Content starts
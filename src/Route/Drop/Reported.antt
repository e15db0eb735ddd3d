-- ===== src/Route/Drop/Reported.antt =====
-- What is reported about the entries that are left out.
use mathlib.Core.Path.{subst}
use kraken_d_operator.Base.{
  ℕ, suc, Option, none, some, Option-cases, Bool-cases, List, [], ◌∷◌, ◌++◌, ◌≡◌, ◌≢◌, inl, inr,
  refl, sym, All, Any, All-map, All-self, Any-append_left, Any-append_right,
}
use kraken_d_operator.Base.Maps.{nat_key, lookup, lookup-insert}
use kraken_d_operator.Route.Entries.{
  NamespacedName, source_eq, source_eq_lem, source_key, FlatEndpoint, EntryConflict,
  conflict_before, positions,
}
use kraken_d_operator.Route.Entries.Order.{sort_by-Any}
use kraken_d_operator.Route.Gin.{Gin, RouteRules}
use kraken_d_operator.Route.Admission.{route_losers}
use kraken_d_operator.Route.Admission.Reasons.{losers_have_reasons}
use kraken_d_operator.Route.Drop.{
  Conflicts, Losers, conflicts_of, report, drop_from, drop_losers, Dropped, drop_route_losers,
}

-- Something holds of a conflict that is reported of `source`.
abbrev pub IsReported : (EntryConflict → Type 0) → NamespacedName → Conflicts → Type 0
IsReported P source conflicted = Any P (conflicts_of source conflicted)

report-IsReported :
    (P : EntryConflict → Type 0) (source winner : NamespacedName) (c : List EntryConflict)
    (conflicted : Conflicts)
    → IsReported P source conflicted
    → IsReported P source (report winner c conflicted)
unfolding report
report-IsReported P source winner c conflicted h = elim (Bool-cases (source_eq winner source)) [
  | inl same ↦
      let e = (source_eq_lem winner source).0 same in
      rw (lookup-insert winner source _ conflicted, same)
        (sort_by-Any conflict_before P (conflicts_of winner conflicted ++ c)
          (Any-append_left P (conflicts_of winner conflicted) c (rw e h)))
  | inr other ↦ rw (lookup-insert winner source _ conflicted, other) h
]

report-new :
    (P : EntryConflict → Type 0) (source : NamespacedName) (c : List EntryConflict)
    (conflicted : Conflicts)
    → Any P c
    → IsReported P source (report source c conflicted)
unfolding report
report-new P source c conflicted h =
    let e = (source_eq_lem source source).1 refl in
    rw (lookup-insert source source _ conflicted, e)
      (sort_by-Any conflict_before P (conflicts_of source conflicted ++ c)
        (Any-append_right P (conflicts_of source conflicted) c h))

drop_from-IsReported :
    (P : EntryConflict → Type 0) (source : NamespacedName) (i : ℕ) (flat : List FlatEndpoint)
    (losers : Losers) (conflicted : Conflicts)
    → IsReported P source conflicted
    → IsReported P source (drop_from i flat losers conflicted).1
unfolding drop_from
drop_from-IsReported P source i [] losers conflicted h = h
drop_from-IsReported P source i (fe ∷ flat) losers conflicted h =
    elim (Option-cases (lookup i losers)) [
      | inl kept ↦
          rw (kept, drop_from) (drop_from-IsReported P source (suc i) flat losers conflicted h)
      | inr (c, lost) ↦
          rw (lost, drop_from)
            (drop_from-IsReported P source (suc i) flat losers (report fe.source c conflicted)
              (report-IsReported P source fe.source c conflicted h))
    ]

-- An entry that is kept, or left out with a conflict that it lost, and with every such conflict
-- reported of its KrakenDEndpoint.
pub IsAccounted :
    FlatEndpoint → Option (List EntryConflict) → List FlatEndpoint → Conflicts → Type 0
IsAccounted fe none kept conflicted = Any (λ x. x ≡ fe) kept
IsAccounted fe (some c) kept conflicted =
    (c ≢ []) × All (λ x. IsReported (λ y. y ≡ x) fe.source conflicted) c

IsAccounted-cons :
    (fe : FlatEndpoint) (lost : Option (List EntryConflict)) (other : FlatEndpoint)
    (kept : List FlatEndpoint) (conflicted : Conflicts)
    → IsAccounted fe lost kept conflicted
    → IsAccounted fe lost (other ∷ kept) conflicted
unfolding IsAccounted
IsAccounted-cons fe none other kept conflicted h = inr h
IsAccounted-cons fe (some c) other kept conflicted h = h

drop_from-none :
    (i : ℕ) (fe : FlatEndpoint) (flat : List FlatEndpoint) (losers : Losers)
    (conflicted : Conflicts)
    → lookup i losers ≡ none
    → drop_from i (fe ∷ flat) losers conflicted ≡ (
      fe ∷ (drop_from (suc i) flat losers conflicted).0,
      (drop_from (suc i) flat losers conflicted).1,
    )
unfolding drop_from
drop_from-none i fe flat losers conflicted e = rw (e, drop_from)

drop_from-some :
    (i : ℕ) (fe : FlatEndpoint) (flat : List FlatEndpoint) (losers : Losers)
    (conflicted : Conflicts) (c : List EntryConflict)
    → lookup i losers ≡ some c
    → drop_from i (fe ∷ flat) losers conflicted
      ≡ drop_from (suc i) flat losers (report fe.source c conflicted)
unfolding drop_from
drop_from-some i fe flat losers conflicted c e = rw (e, drop_from)

-- Every entry from position `i` on is accounted for.
abbrev pub AllAccounted : ℕ → List FlatEndpoint → Losers → List FlatEndpoint × Conflicts → Type 0
AllAccounted i flat losers out =
    All (λ p. IsAccounted p.1 (lookup p.0 losers) out.0 out.1) (positions i flat)

drop_from-IsAccounted :
    (i : ℕ) (flat : List FlatEndpoint) (losers : Losers) (conflicted : Conflicts)
    → ((j : ℕ) (c : List EntryConflict) → lookup j losers ≡ some c → c ≢ [])
    → AllAccounted i flat losers (drop_from i flat losers conflicted)
unfolding IsAccounted
drop_from-IsAccounted i [] losers conflicted r = tt
drop_from-IsAccounted i (fe ∷ flat) losers conflicted r = elim (Option-cases (lookup i losers)) [
  | inl kept ↦
      subst (AllAccounted i (fe ∷ flat) losers)
        (sym (drop_from-none i fe flat losers conflicted kept))
        (
          rw kept (inl refl),
          All-map _ _ (positions (suc i) flat)
              (λ p h. IsAccounted-cons p.1 (lookup p.0 losers) fe _ _ h)
              (drop_from-IsAccounted (suc i) flat losers conflicted r),
        )
  | inr (c, lost) ↦
      subst (AllAccounted i (fe ∷ flat) losers)
        (sym (drop_from-some i fe flat losers conflicted c lost))
        (
          rw lost (
            r i c lost,
            All-map _ _ c
                (λ x m.
                  drop_from-IsReported (λ y. y ≡ x) fe.source (suc i) flat losers _
                    (report-new (λ y. y ≡ x) fe.source c conflicted m))
                (All-self c),
          ),
          drop_from-IsAccounted (suc i) flat losers (report fe.source c conflicted) r,
        )
]

drop_losers-IsAccounted :
    (flat : List FlatEndpoint) (losers : Losers) (conflicted : Conflicts)
    → ((j : ℕ) (c : List EntryConflict) → lookup j losers ≡ some c → c ≢ [])
    → AllAccounted 0 flat losers (drop_losers flat losers conflicted)
unfolding IsAccounted
drop_losers-IsAccounted flat [] conflicted r =
    All-map _ _ (positions 0 flat) (λ p h. h) (kept 0 flat)
  where
    kept :
        (i : ℕ) (flat : List FlatEndpoint) → All (λ p. Any (λ x. x ≡ p.1) flat) (positions i flat)
    kept i [] = tt
    kept i (fe ∷ flat) =
        (inl refl, All-map _ _ (positions (suc i) flat) (λ p h. inr h) (kept (suc i) flat))
drop_losers-IsAccounted flat (l ∷ losers) conflicted r =
    drop_from-IsAccounted 0 flat (l ∷ losers) conflicted r

drop_losers-IsReported :
    (P : EntryConflict → Type 0) (source : NamespacedName) (flat : List FlatEndpoint)
    (losers : Losers) (conflicted : Conflicts)
    → IsReported P source conflicted
    → IsReported P source (drop_losers flat losers conflicted).1
drop_losers-IsReported P source flat [] conflicted h = h
drop_losers-IsReported P source flat (l ∷ losers) conflicted h =
    drop_from-IsReported P source 0 flat (l ∷ losers) conflicted h

module _ (gin : Gin) (flat shadowed : List FlatEndpoint) (conflicted : Conflicts)
    (rules : RouteRules) where
  abbrev outcome : Dropped
  outcome = drop_route_losers gin flat shadowed conflicted rules

  -- No entry disappears silently: every entry, by its position, is kept, or is recorded as a loser
  -- with at least one conflict, and each conflict of that record is among the conflicts of its
  -- KrakenDEndpoint afterwards. The conflicts that any KrakenDEndpoint had before stay.
  pub drop_route_losers-IsAccounted :
      (source : NamespacedName)
      → AllAccounted 0 flat
          (route_losers gin flat shadowed rules).losers
          (outcome.kept, outcome.conflicted)
        × All
            (λ c. IsReported (λ x. x ≡ c) source outcome.conflicted)
            (conflicts_of source conflicted)
  unfolding drop_route_losers
  drop_route_losers-IsAccounted source =
      let losers = (route_losers gin flat shadowed rules).losers in
      (
        drop_losers-IsAccounted flat losers conflicted
            (λ j c e. losers_have_reasons gin flat shadowed rules j c e),
        All-map _ _ (conflicts_of source conflicted)
            (λ c m. drop_losers-IsReported (λ x. x ≡ c) source flat losers conflicted m)
            (All-self (conflicts_of source conflicted)),
      )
Content ends
### WHAT YOU HAVE TO DO:
Each line that includes the string "lost" should be copied from the data.

### SOLUTION FOR THIS TASK:
      | inr (c, lost) ↦
          rw (lost, drop_from)
-- An entry that is kept, or left out with a conflict that it lost, and with every such conflict
    (fe : FlatEndpoint) (lost : Option (List EntryConflict)) (other : FlatEndpoint)
    → IsAccounted fe lost kept conflicted
    → IsAccounted fe lost (other ∷ kept) conflicted
  | inr (c, lost) ↦
        (sym (drop_from-some i fe flat losers conflicted c lost))
          rw lost (
            r i c lost,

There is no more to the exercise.